EXERCISE —
Restate word for word the lines beginning with the one that contains "abbrev pub Distinct" and ending at the bottom of the records below, both included.

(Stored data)
*** Block opens ***
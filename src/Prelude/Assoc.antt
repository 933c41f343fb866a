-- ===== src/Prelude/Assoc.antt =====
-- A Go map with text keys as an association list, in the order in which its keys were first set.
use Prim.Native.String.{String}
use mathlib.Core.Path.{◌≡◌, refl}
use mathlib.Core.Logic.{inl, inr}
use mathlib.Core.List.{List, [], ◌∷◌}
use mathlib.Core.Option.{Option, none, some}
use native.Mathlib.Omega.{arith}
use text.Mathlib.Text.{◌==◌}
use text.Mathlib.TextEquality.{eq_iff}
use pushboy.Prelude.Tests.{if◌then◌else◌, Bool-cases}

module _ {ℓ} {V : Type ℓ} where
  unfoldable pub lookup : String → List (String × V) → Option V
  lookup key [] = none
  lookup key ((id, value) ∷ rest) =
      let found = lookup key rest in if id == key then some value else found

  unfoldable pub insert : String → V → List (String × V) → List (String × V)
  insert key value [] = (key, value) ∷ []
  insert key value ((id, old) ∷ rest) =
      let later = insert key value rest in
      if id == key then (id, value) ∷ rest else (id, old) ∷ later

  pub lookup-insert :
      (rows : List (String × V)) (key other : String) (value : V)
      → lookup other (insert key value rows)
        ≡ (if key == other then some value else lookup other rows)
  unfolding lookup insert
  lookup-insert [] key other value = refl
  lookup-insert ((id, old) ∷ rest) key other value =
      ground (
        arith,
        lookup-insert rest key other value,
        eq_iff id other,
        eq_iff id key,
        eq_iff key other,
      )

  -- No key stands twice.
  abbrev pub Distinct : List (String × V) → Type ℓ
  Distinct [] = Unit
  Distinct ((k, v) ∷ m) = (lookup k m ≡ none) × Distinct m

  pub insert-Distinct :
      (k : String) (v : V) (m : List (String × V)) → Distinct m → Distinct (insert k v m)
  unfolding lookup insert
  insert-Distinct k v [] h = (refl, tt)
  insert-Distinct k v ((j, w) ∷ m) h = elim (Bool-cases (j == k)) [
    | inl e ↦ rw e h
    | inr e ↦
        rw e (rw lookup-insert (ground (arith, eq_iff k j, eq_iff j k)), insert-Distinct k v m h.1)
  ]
*** Block closes ***
RESULT OF THE TASK —
  abbrev pub Distinct : List (String × V) → Type ℓ
  Distinct [] = Unit
  Distinct ((k, v) ∷ m) = (lookup k m ≡ none) × Distinct m

  pub insert-Distinct :
      (k : String) (v : V) (m : List (String × V)) → Distinct m → Distinct (insert k v m)
  unfolding lookup insert
  insert-Distinct k v [] h = (refl, tt)
  insert-Distinct k v ((j, w) ∷ m) h = elim (Bool-cases (j == k)) [
    | inl e ↦ rw e h
    | inr e ↦
        rw e (rw lookup-insert (ground (arith, eq_iff k j, eq_iff j k)), insert-Distinct k v m h.1)
  ]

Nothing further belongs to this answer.